D'ailleurs au présent, on utiliserait deux verbes au présent ; au passé, deux imparfaits…

_Ça *fera* longtemps que je ne *serai* plus de ce monde
__Ça *fait* longtemps que je ne *suis* plus de ce monde
__Ça *faisait* longtemps que je n'*étais* plus de ce monde_


----------



## Icetrance

Et voici l'original, au futur antérieur, écrit dans mon premier post. C'est le sens que j'avais en tête hier en l'écrivant. C'est pourquoi je comprenais la phrase dans laquelle se trouvait le temps futur "ne serai plus"

Ça *fera* longtemps que *je n'aurai plus été* de ce monde = *I will have been gone from this world a long time by then* (je ne suis pas encore mort. D'ici là, ça fera longtemps après que je serai mort.

C'est pas vraiment compliqué, si et seulement si, un contexte est bel et bien fourni. Je ne suis pas fou, Maître Capello (pas encore...peut-être un tout petit peu). Comprendre les choses sans contexte m'embrouille comme tout. Pourquoi tenté-je le faire?


----------



## Icetrance

Quand je repense ce que j'avais dit l'autre jour (pas tout à fait correct), je commence à voir qu'il n'y a aucune différence entre:

Je ne fais pas de différence entre:

_1) Ça fera longtemps que je ne serai plus de ce monde._

_2) Ça fera longtemps que je n'aurai plus été de ce monde._

_Je suis très embrouillé._


En anglais, on dira quelque chose comme:

I will have been gone a long time from this world (by then).
I will have been gone from this world a long time (by then)


----------



## Maître Capello

_Ça *fera* longtemps que je ne *serai* plus de ce monde_ = I will have been gone a long time from this world.
(Je suis encore vivant, mais à cette époque lointaine, je serai mort depuis longtemps.)
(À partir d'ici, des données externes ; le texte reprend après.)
-- ===== src/Web/Groups/Suggestion.antt =====
-- The participant that PreviewGroup suggests.
use mathlib.Core.List.{Memᴰ}
use spliit_mcp.Prelude.{
  ℕ, String, ◌≡◌, ◌≢◌, refl, sym, subst, Bool, true, List, [], ◌∷◌, Option, none, some, Bool-cases,
  inl, inr,
}
use spliit_mcp.Text.{trim_space, equal_fold}
use spliit_mcp.Store.Rows.{User}
use spliit_mcp.Spliit.Model.{Participant, Group}
use spliit_mcp.Spliit.Participants.{present}
use spliit_mcp.Tools.World.{Env, World}
use spliit_mcp.Web.Reply.{
  Response, Preview, preview_body, Step, go, halt, and_then, pure, asked, body_or_bad, ◌>>=◌,
}
use spliit_mcp.Tools.Clients
use spliit_mcp.Web.Groups.{matching, only_id, preview, preview_of, resolve_base_url, given_id}

module _ (fold : ℕ → ℕ) (name : String) where
  -- A participant whose name is the user's, up to case and surrounding space.
  abbrev pub has_users_name : Participant → Bool
  has_users_name p = equal_fold fold (trim_space p.name) (trim_space name)

  mem-matching :
      (ps : List Participant) (q : Participant)
      → Memᴰ q ps
      → has_users_name q ≡ true
      → Memᴰ q (matching fold name ps)
  unfolding matching
  mem-matching [] q m t = elim m [ ]
  mem-matching (p ∷ ps) q (Memᴰ.head e) t =
      rw (subst (λ x. has_users_name x ≡ true) e t) (Memᴰ.head e)
  mem-matching (p ∷ ps) q (Memᴰ.tail m) t = elim (Bool-cases (has_users_name p)) [
    | inl same ↦ rw same (Memᴰ.tail (mem-matching ps q m t))
    | inr other ↦ rw other (mem-matching ps q m t)
  ]

  in_cons :
      (p : Participant) (ps : List Participant) (q : Participant)
      → has_users_name p ≡ true
      → (Memᴰ q (matching fold name ps) → Memᴰ q ps × (has_users_name q ≡ true))
      → Memᴰ q (p ∷ matching fold name ps)
      → Memᴰ q (p ∷ ps) × (has_users_name q ≡ true)
  in_cons p ps q same f (Memᴰ.head e) =
      (Memᴰ.head e, subst (λ x. has_users_name x ≡ true) (sym e) same)
  in_cons p ps q same f (Memᴰ.tail m) = let k = f m in (Memᴰ.tail k.0, k.1)

  matching-mem :
      (ps : List Participant) (q : Participant)
      → Memᴰ q (matching fold name ps)
      → Memᴰ q ps × (has_users_name q ≡ true)
  unfolding matching
  matching-mem [] q m = elim m [ ]
  matching-mem (p ∷ ps) q m = elim (Bool-cases (has_users_name p)) [
    | inl same ↦ in_cons p ps q same (matching-mem ps q) (rw same at m)
    | inr other ↦ let k = matching-mem ps q (rw other at m) in (Memᴰ.tail k.0, k.1)
  ]

  -- The one participant of a list who has the user's name.
  pub record Only (ps : List Participant) (id : String) : Type 0 where
    pub who : Participant
    pub listed : Memᴰ who ps
    pub named : has_users_name who ≡ true
    pub has_id : who.id ≡ id
    pub alone : (q : Participant) → Memᴰ q ps → has_users_name q ≡ true → q ≡ who

  single : (q p : Participant) → Memᴰ q (p ∷ []) → q ≡ p
  single q p (Memᴰ.head e) = e
  single q p (Memᴰ.tail m) = elim m [ ]

  Only-of-matching :
      (ps ms : List Participant) (id : String)
      → matching fold name ps ≡ ms
      → only_id ms ≡ id
      → id ≢ ""
      → Only ps id
  Only-of-matching ps [] id e h some_id = absurd (some_id (sym h))
  Only-of-matching ps (p ∷ (q ∷ ms)) id e h some_id = absurd (some_id (sym h))
  Only-of-matching ps (p ∷ []) id e h some_id =
      let found = matching-mem ps p (subst (λ l. Memᴰ p l) (sym e) (Memᴰ.head refl)) in
      record {
        who = p;
        listed = found.0;
        named = found.1;
        has_id = h;
        alone = λ q m t. single q p (subst (λ l. Memᴰ q l) e (mem-matching ps q m t));
      }

module _ {D : Type 0} (env : Env D) (default_url : String) (user : User) where
  abbrev shown : Preview → Response
  shown v = record { status = 200; body = preview_body v }

  abbrev PreviewOf : String → Preview → Type 0
  PreviewOf base_url v =
      (id : String) × (group : Group) × (preview_of env default_url user id base_url group ≡ v)

  preview-of-group :
      (base_url id : String) (r : Step Group × World) (v : Preview)
      → (and_then r (λ group. pure (shown (preview_of env default_url user id base_url group)))).0
        ≡ go (shown v)
      → PreviewOf base_url v
  preview-of-group base_url id (go group, w) v h = (id, group, cc h)
  preview-of-group base_url id (halt x, w) v h = cc

  preview-of-id :
      (base_url : String) (r : Step String × World) (v : Preview)
      → (and_then r (λ id.
          asked "could not fetch that group: " (Clients.get_group env base_url id) >>= λ group.
          pure (shown (preview_of env default_url user id base_url group)))).0
        ≡ go (shown v)
      → PreviewOf base_url v
  preview-of-id base_url (go id, w) v h =
      preview-of-group base_url id
        (asked "could not fetch that group: " (Clients.get_group env base_url id) w) v h
  preview-of-id base_url (halt x, w) v h = cc

  preview-PreviewOf :
      (ref url : String) (w : World) (v : Preview)
      → (preview env default_url user (some (ref, url)) w).0 ≡ go (shown v)
      → PreviewOf (resolve_base_url default_url url ref) v
  unfolding preview body_or_bad
  preview-PreviewOf ref url w v h =
      preview-of-id (resolve_base_url default_url url ref) (given_id ref w) v h

  -- A preview that suggests a participant lists that participant, who is the only one listed whose
  -- name is the user's display name, up to case and surrounding space.
  pub preview-Only :
      (given : Option (String × String)) (w : World) (v : Preview)
      → (preview env default_url user given w).0
        ≡ go (record { status = 200; body = preview_body v })
      → v.suggested_participant ≢ ""
      → Only env.fold user.display_name v.participants v.suggested_participant
  unfolding preview preview_of body_or_bad
  preview-Only none w v h s = cc
  preview-Only (some (ref, url)) w v h s =
      let (id, group, made) = preview-PreviewOf ref url w v h in
      subst (λ x. Only env.fold user.display_name x.participants x.suggested_participant) made
        (Only-of-matching env.fold user.display_name (present group.participants) _ _ refl refl
          (subst (λ x. x.suggested_participant ≢ "") (sym made) s))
Quant au futur antérieur (_Ça *fera* longtemps que je n'*aurai *plus *été* de ce monde_), il n'a pas forcément le même sens que le futur simple : il pourrait également vouloir dire qu'on serait *de nouveau *de ce monde après ne plus l'avoir été pendant longtemps…


----------



## Icetrance

Je savais avoir tort tout après avoir relu mon post. Ce que j'avais écrit n'était en rien logique: ma traduction anglaise, quoique correcte, ne correspondait aucunement au sens de la phrase d'origine en français.
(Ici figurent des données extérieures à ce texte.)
-- ===== src/Web/Me/Saved.antt =====
-- What UpdateMe of internal/handlers/api.go has stored when it answers with 200.
use spliit_mcp.Prelude.{
  String, ◌≡◌, ◌≢◌, refl, sym, subst, true, List, [], ◌∷◌, Option, none, some, ◌==◌, Bool-cases,
  inl, inr, find_first, if◌then◌else◌, not, ◌&&◌, is_some,
}
use spliit_mcp.Text.{trim_space}
use spliit_mcp.Store.Rows.{Time, User, Db, StoreError, driver, ok}
use spliit_mcp.Store.Sql.{Engine, exec, writes, wrap_write_err, require_affected}
use spliit_mcp.Store.Users.{
  find_user, update_users, update_user_row, get_user, set_display_name, set_default_group, met_row,
  owns_group,
}
use spliit_mcp.Tools.World.{Env, World, read, write}
use spliit_mcp.Web.Reply.{
  Response, me_body, Step, go, halt, and_then, pure, stored, body_or_bad, server_error,
}
use spliit_mcp.Web.Reply.Steps.{of_stored-eq-go, query-eq-ok}
use spliit_mcp.Web.Me.{
  MeEdit, me_of, wanted_name, save_default, save_name, update_me, group_missing,
}

-- A row with the display name that was asked for, if one was.
pub NameIs : Option String → User → Type 0
NameIs none u = Unit
NameIs (some given) u = u.display_name ≡ trim_space given

-- The default group that an ID asks for; the empty one asks for none.
abbrev pub chosen : String → Option String
chosen id = if id == "" then none else some id

-- A row with the default group that was asked for, if one was.
pub DefaultIs : Option String → User → Type 0
DefaultIs none u = Unit
DefaultIs (some given) u = u.default_group_id ≡ chosen (trim_space given)

-- What holds of the row of a user.
abbrev Holds : (User → Type 0) → String → Db → Type 0
Holds Q sub db = (u : User) → find_user sub db.users ≡ some u → Q u

Holds-update_users :
    (Q : User → Type 0) (f : User → User) (sub : String) (us : List User) (u : User)
    → ((v : User) → (f v).sub ≡ v.sub)
    → ((v : User) → find_user sub us ≡ some v → Q (f v))
    → find_user sub (update_users f sub us) ≡ some u
    → Q u
unfolding find_user find_first update_users
Holds-update_users Q f sub [] u keeps q h = cc
Holds-update_users Q f sub (v ∷ us) u keeps q h = elim (Bool-cases (v.sub == sub)) [
  | inl same ↦
      let kept : ((f v).sub == sub) ≡ true = subst (λ x. (x == sub) ≡ true) (sym (keeps v)) same in
      let first = rw (same, kept) at h in
      let e : f v ≡ u = cc first in subst Q e (q v (rw same refl))
  | inr other ↦
      Holds-update_users Q f sub us u keeps (λ x k. q x (rw other k)) (rw (other, other) at h)
]

module _ (e : Engine) (sub : String) (f : User → User) (keeps : (u : User) → (f u).sub ≡ u.sub)
    (wrap : String → String → StoreError) (op : String) where
  -- What an update of the row makes true of it, unless the update failed.
  update-Holds :
      (P Q : User → Type 0) (fault : Option String) (db : Db)
      → ((u : User) → P u → Q (f u))
      → Holds P sub db
      → (met_row wrap op (exec e fault db (update_user_row f sub db)).0 ≡ ok tt)
      → Holds Q sub (exec e fault db (update_user_row f sub db)).1
  unfolding exec update_user_row
  update-Holds P Q (some msg) db gives p h = cc
  update-Holds P Q none db gives p h =
      λ u. Holds-update_users Q f sub db.users u keeps (λ v k. gives v (p v k))

abbrev Anyone : User → Type 0
Anyone u = Unit

no_row :
    (e : Engine) (op : String) (fault : Option String) (db : Db)
    → e.reports_rows ≡ true
    → met_row wrap_write_err op (exec e fault db (writes 0 db)).0 ≢ ok tt
unfolding exec require_affected
no_row e op (some msg) db counted h = cc
no_row e op none db counted h = cc (rw counted at h)

set_default_group-Holds :
    (e : Engine) (fault : Option String) (now : Time) (sub id : String) (db : Db)
    → e.reports_rows ≡ true
    → (set_default_group e fault now sub id db).0 ≡ ok tt
    → Holds (λ u. u.default_group_id ≡ chosen id) sub (set_default_group e fault now sub id db).1
unfolding set_default_group
set_default_group-Holds e fault now sub id db counted h = elim (Bool-cases (id == "")) [
  | inl cleared ↦ rw cleared (
      update-Holds e sub (λ u. record u { default_group_id = none; updated_at = now }) (λ u. refl)
        driver "clear default group" Anyone _ fault db (λ u t. refl) (λ u k. tt) (rw cleared at h))
  | inr named ↦ elim (Bool-cases (owns_group sub id db.groups)) [
    | inl owned ↦
        rw (named, owned)
          (update-Holds e sub (λ u. record u { default_group_id = some id; updated_at = now })
            (λ u. refl) wrap_write_err "set default group" Anyone _ fault db (λ u t. refl)
            (λ u k. tt) (rw (named, owned) at h))
    | inr foreign ↦
        absurd (no_row e "set default group" fault db counted (rw (named, foreign) at h))
  ]
]

set_display_name-Holds :
    (e : Engine) (fault : Option String) (now : Time) (sub name : String) (db : Db)
    (P : User → Type 0)
    → ((u : User) → P u → P (record u { display_name = name; updated_at = now }))
    → Holds P sub db
    → (set_display_name e fault now sub name db).0 ≡ ok tt
    → Holds (λ u. (u.display_name ≡ name) × P u) sub (set_display_name e fault now sub name db).1
unfolding set_display_name
set_display_name-Holds e fault now sub name db P stays =
    update-Holds e sub (λ u. record u { display_name = name; updated_at = now }) (λ u. refl) driver
      "set display name" P _ fault db (λ u p. (refl, stays u p))

-- What holds after a step, and after what follows it, holds at the end.
and_then-Post :
    {A B : Type 0} (Pre : A → World → Type 0) (Post : B → World → Type 0) (r : Step A × World)
    (f : A → World → Step B × World) (b : B)
    → ((a : A) → r.0 ≡ go a → Pre a r.1)
    → ((a : A) (w : World) → Pre a w → (f a w).0 ≡ go b → Post b (f a w).1)
    → (and_then r f).0 ≡ go b
    → Post b (and_then r f).1
and_then-Post Pre Post (go a, w) f b p q h = q a w (p a refl) h
and_then-Post Pre Post (halt x, w) f b p q h = cc

-- A row with the display name that is to be written, if one is.
abbrev Named : Option String → User → Type 0
Named none u = Unit
Named (some name) u = u.display_name ≡ name

-- What has been stored when UpdateMe answers.
pub record IsSaved (edit : MeEdit) (sub : String) (r : Response) (db : Db) : Type 0 where
  pub row : User
  pub stored_row : find_user sub db.users ≡ some row
  pub answered : r ≡ record { status = 200; body = me_body (me_of row) }
  pub named : NameIs edit.display_name row
  pub defaulted : DefaultIs edit.default_group_id row

Named-wanted_name :
    (given name : Option String) (w : World)
    → (wanted_name given w).0 ≡ go name
    → (u : User) → Named name u
    → NameIs given u
unfolding wanted_name NameIs
Named-wanted_name none name w h u k = tt
Named-wanted_name (some given) name w h u k = elim (Bool-cases (trim_space given == "")) [
  | inl blank ↦ cc (rw blank at h)
  | inr shown ↦
      let asked = rw shown at h in
      let same : some (trim_space given) ≡ name = cc asked in
      subst (λ x. Named x u → u.display_name ≡ trim_space given) same (λ x. x) k
]

DefaultIs-renamed :
    (given : Option String) (name : String) (now : Time) (u : User)
    → DefaultIs given u
    → DefaultIs given (record u { display_name = name; updated_at = now })
unfolding DefaultIs
DefaultIs-renamed none name now u h = tt
DefaultIs-renamed (some id) name now u h = h

module _ {D : Type 0} (env : Env D) (user : User) where
  save_default-Holds :
      (given : Option String) (w : World)
      → env.engine.reports_rows ≡ true
      → (save_default env user given w).0 ≡ go tt
      → Holds (DefaultIs given) user.sub (save_default env user given w).1.db
  unfolding save_default write stored DefaultIs
  save_default-Holds none w counted h = λ u k. tt
  save_default-Holds (some id) w counted h =
      set_default_group-Holds env.engine (env.fault w.ticks) (env.clock w.ticks) user.sub
        (trim_space id) w.db counted (of_stored-eq-go group_missing _ h)

  save_name-Holds :
      (name given : Option String) (w : World)
      → Holds (DefaultIs given) user.sub w.db
      → (save_name env user name w).0 ≡ go tt
      → Holds (λ u. Named name u × DefaultIs given u) user.sub (save_name env user name w).1.db
  unfolding save_name write stored
  save_name-Holds none given w p h = λ u k. (tt, p u k)
  save_name-Holds (some name) given w p h =
      set_display_name-Holds env.engine (env.fault w.ticks) (env.clock w.ticks) user.sub name w.db
        (DefaultIs given) (λ u. DefaultIs-renamed given name (env.clock w.ticks) u) p
        (of_stored-eq-go server_error _ h)

  abbrev answer_with : User → World → Step Response × World
  answer_with u = pure (record { status = 200; body = me_body (me_of u) })

  abbrev read_back : World → Step User × World
  read_back = stored server_error (read env (λ fault db. get_user fault db user.sub))

  read_back-found :
      (w : World) (u : User) → (read_back w).0 ≡ go u → find_user user.sub w.db.users ≡ some u
  unfolding read stored get_user
  read_back-found w u h =
      (query-eq-ok (env.fault w.ticks) "get user" (find_user user.sub w.db.users)
        (of_stored-eq-go server_error _ h)).0

  answer-IsSaved :
      (edit : MeEdit) (w : World) (r : Response)
      → Holds (λ u. NameIs edit.display_name u × DefaultIs edit.default_group_id u) user.sub w.db
      → (and_then (read_back w) answer_with).0 ≡ go r
      → IsSaved edit user.sub r (and_then (read_back w) answer_with).1.db
  unfolding read stored
  answer-IsSaved edit w r p =
      and_then-Post (λ u w'. (find_user user.sub w'.db.users ≡ some u) × (w'.db ≡ w.db))
        (λ x w'. IsSaved edit user.sub x w'.db) (read_back w) answer_with r
        (λ u h. (read_back-found w u h, refl))
        (λ u w' k h. record {
          row = u;
          stored_row = k.0;
          answered = cc h;
          named = (p u (subst (λ db. find_user user.sub db.users ≡ some u) k.1 k.0)).0;
          defaulted = (p u (subst (λ db. find_user user.sub db.users ≡ some u) k.1 k.0)).1;
        })

  -- When UpdateMe answers with 200 and the engine counts the rows of an update, the row of the
  -- user has the display name that the request asks for, trimmed, and its default group, or none for
  -- the empty ID, as far as it asks for them, and the answer shows that row.
  pub update_me-IsSaved :
      (edit : MeEdit) (w : World) (r : Response)
      → env.engine.reports_rows ≡ true
      → (update_me env user (some edit) w).0 ≡ go r
      → IsSaved edit user.sub r (update_me env user (some edit) w).1.db
  unfolding update_me body_or_bad
  update_me-IsSaved edit w r counted h =
      let post : Response → World → Type 0 = λ x w'. IsSaved edit user.sub x w'.db in
      elim (Bool-cases (not (is_some edit.display_name) && not (is_some edit.default_group_id))) [
        | inl nothing ↦ cc (rw nothing at h)
        | inr something ↦ rw something (
            and_then-Post (λ name w'. (u : User) → Named name u → NameIs edit.display_name u) post
              (wanted_name edit.display_name w) _ r
              (λ name k. Named-wanted_name edit.display_name name w k)
              (λ name w₁ n.
                and_then-Post (λ a w'. Holds (DefaultIs edit.default_group_id) user.sub w'.db) post
                  (save_default env user edit.default_group_id w₁) _ r
                  (λ a. save_default-Holds edit.default_group_id w₁ counted)
                  (λ a w₂ d.
                    and_then-Post
                      (λ a w'.
                        Holds (λ u. Named name u × DefaultIs edit.default_group_id u) user.sub
                          w'.db)
                      post (save_name env user name w₂) _ r
                      (λ a. save_name-Holds name edit.default_group_id w₂ d)
                      (λ a w₃ p. answer-IsSaved edit w₃ r (λ u k. (n u (p u k).0, (p u k).1)))))
              (rw something at h))
      ]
En anglais, le futur antérieur s'imposerait, même si le futur simple pourrait s'entendre dans une phrase comme telle.

Tout ça, c'est pas très clair, mais bon, j'y arriverai avec le temps.


----------



## Icetrance

Je reprends encore une fois ce que j'avais posté plus tôt. Le futur simple peut s'utiliser en anglais. Prenons un autre exemple:

_Ça fera longtemps que je n'aurai pas de télé = It/That will be long time I won't be having a tv/going without a tv until then_

_Ça fera longtemps que je n'aurai pas eu de télé = I will have gone without a tv for a long time by then_

_Question: __I won't have tv for years. _

_Answer:_

_1)T__hat's a long time that I will be going without a tv._
_2) __That's a long time that I will have gone without a tv/ _
_3)I will have gone without a tv a long time by then_

We have many options in English here on how to phrase this.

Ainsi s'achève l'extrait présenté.